References
Uncontrolled asthma in primary care: part 1
Abstract
Uncontrolled asthma places patients at risk of asthma attack, hospital admission and death. Andrew Booth highlights strategies that may be used in primary care to identify these patients
This article will help nurses to identify uncontrolled asthma in a primary care setting, and support the identification of people who may be at risk from asthma attack, hospital admission or death. Guideline-defined asthma control is covered, along with the appropriate tools used to measure asthma control. The difference between asthma severity, asthma control and risk of attack is discussed, with practical advice from national and international asthma guidelines. Strategies and interventions that may be of use in primary care are highlighted, and a look at how research is helping identify new ways of supporting people with uncontrolled asthma.

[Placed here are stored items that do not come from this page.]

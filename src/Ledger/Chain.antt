-- ===== src/Ledger/Chain.antt =====
-- packages/core/src/belief_ledger_core/store.py: the authenticated reading of the events and the
-- verification of the hash chain of each episode. Events stand in the order of `seq`.
use belief_ledger_pramana.Prelude.{
  ℕ, Bool, true, false, ◌&&◌, Option, none, some, List, [], ◌∷◌, all, find, on_option, ltb, ◌==◌,
  if◌then◌else◌,
}
use belief_ledger_pramana.Ledger.Results.{Error, Result, ok, ◌>>=◌, ◌>>◌, require}
use belief_ledger_pramana.Ledger.Events.{Event, Ports, compute_event_hash}
use belief_ledger_pramana.Ledger.Projections.{Heads, upsert, lookup}
use belief_ledger_pramana.Ledger.Chunks.{chunks}

-- A row of `event_auth`.
pub record AuthRow : Type 0 where
  pub event_id : ℕ
  pub event_hash : ℕ
  pub auth_tag : ℕ

module _ (ports : Ports) where
  -- The record of authentication of an event is there and is what the key gives.
  abbrev pub is_authentic : List AuthRow → Event → Bool
  is_authentic auth e =
      on_option (find (λ r. r.event_id == e.id) auth) false
        (λ r. (r.event_hash == e.event_hash) && (r.auth_tag == ports.auth_tag e.id e.event_hash))

  -- `_authenticated_events`: the tag that an event is returned with is the one it was compared to.
  unfoldable pub authenticated_events : List AuthRow → List Event → Result (List (Event × ℕ))
  unfolding ◌>>=◌
  authenticated_events auth [] = ok []
  authenticated_events auth (e ∷ es) = do
    require (is_authentic auth e) Error.chain_error
    rest ← authenticated_events auth es
    ok ((e, ports.auth_tag e.id e.event_hash) ∷ rest)

  -- `expected_heads.get(episode_id, (0, ZERO_HASH))[1]`
  abbrev pub previous_of : ℕ → Heads → ℕ
  previous_of episode_id heads =
      on_option (lookup episode_id heads) ports.zero_hash (λ head. head.1)

  -- One event in the loop of `_verified_heads`.
  unfoldable pub check_event : Event → ℕ → Heads → Result Heads
  check_event e tag heads = do
    let previous = previous_of e.episode_id heads
    require (e.previous_hash == previous) Error.chain_error
    require (compute_event_hash ports previous e == e.event_hash) Error.chain_error
    require (tag == ports.auth_tag e.id e.event_hash) Error.chain_error
    ok (upsert e.episode_id (e.seq, e.event_hash) heads)

  abbrev pub is_beyond : Option ℕ → Event → Bool
  is_beyond none e = false
  is_beyond (some height) e = ltb height e.seq

  -- The loop over one batch, and whether `break` ended it.
  unfoldable pub scan : Option ℕ → List (Event × ℕ) → Heads → Result (Bool × Heads)
  scan height [] heads = ok (false, heads)
  scan height (e ∷ es) heads = elim (is_beyond height e.0) [
    | true ↦ ok (true, heads)
    | false ↦ check_event e.0 e.1 heads >>= scan height es
  ]

  unfoldable pub scan_batches : Option ℕ → List AuthRow → List (List Event) → Heads → Result Heads
  scan_batches height auth [] heads = ok heads
  scan_batches height auth (batch ∷ batches) heads = authenticated_events auth batch >>= λ es.
      scan height es heads >>= λ r. elim r.0 [
        | true ↦ ok r.1
        | false ↦ scan_batches height auth batches r.1
      ]

  -- `_verified_heads`, with the batches of `_iter_authenticated_events`.
  unfoldable pub verified_heads : Option ℕ → List AuthRow → List Event → Result Heads
  unfolding scan_batches
  verified_heads height auth events = scan_batches height auth (chunks 1000 events) []

-- Equality of two heads, and of two dictionaries of heads.
abbrev pub same_head : Option (ℕ × ℕ) → Option (ℕ × ℕ) → Bool
same_head none none = true
same_head (some (a, b)) (some (c, d)) = (a == c) && (b == d)
same_head _ _ = false

abbrev pub agree_on : Heads → Heads → Heads → Bool
agree_on keys xs ys = all (λ k. same_head (lookup k.0 xs) (lookup k.0 ys)) keys

abbrev pub same_heads : Heads → Heads → Bool
same_heads xs ys = agree_on xs xs ys && agree_on ys xs ys

-- `max((seq for seq, _ in heads.values()), default=0)`
abbrev pub max_head : Heads → ℕ
max_head [] = 0
max_head (x ∷ xs) = let rest = max_head xs in if ltb rest x.1.0 then x.1.0 else rest

-- `ChainState`; its `hash_algorithm` is a constant.
pub record ChainState : Type 0 where
  pub chain_height : ℕ
  pub root_hash : ℕ
  pub heads : Heads

-- `chain_state`, with the digest of the canonical JSON of the heads.
unfoldable pub chain_state :
    Ports → (Heads → ℕ) → Option ℕ → List AuthRow → List Event → Result ChainState
chain_state ports root up_to_height auth events = do
  heads ← verified_heads ports up_to_height auth events
  ok (record { chain_height = max_head heads; root_hash = root heads; heads = heads })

This article will help nurses to identify uncontrolled asthma in a primary care setting, and support the identification of people who may be at risk from asthma attack, hospital admission or death. Part two of this article will consider how to support and manage people with uncontrolled asthma, and people who may be at risk.
Asthma is a variable respiratory condition, characterised by bronchoconstriction and inflammation of the inside of the airway. The four main symptoms include cough (which is usually unproductive), wheeze (heard on auscultation), chest tightness and breathlessness. Most people with asthma have more than one symptom, which occur in the presence of known triggers (British Thoracic Society/Scottish Intercollegiate Guideline Network (BTS/SIGN), 2019; Global Initiative for Asthma (GINA), 2022). Nearly four people die from asthma every day in the UK, with many of these deaths being preventable (Royal College of Physicians, 2014; British Lung Foundation, 2022). Poor asthma control places a significant burden on health services as well as individuals with asthma, as it can lead to increased number of asthma attacks, hospitalisations and death (Peters et al, 2006).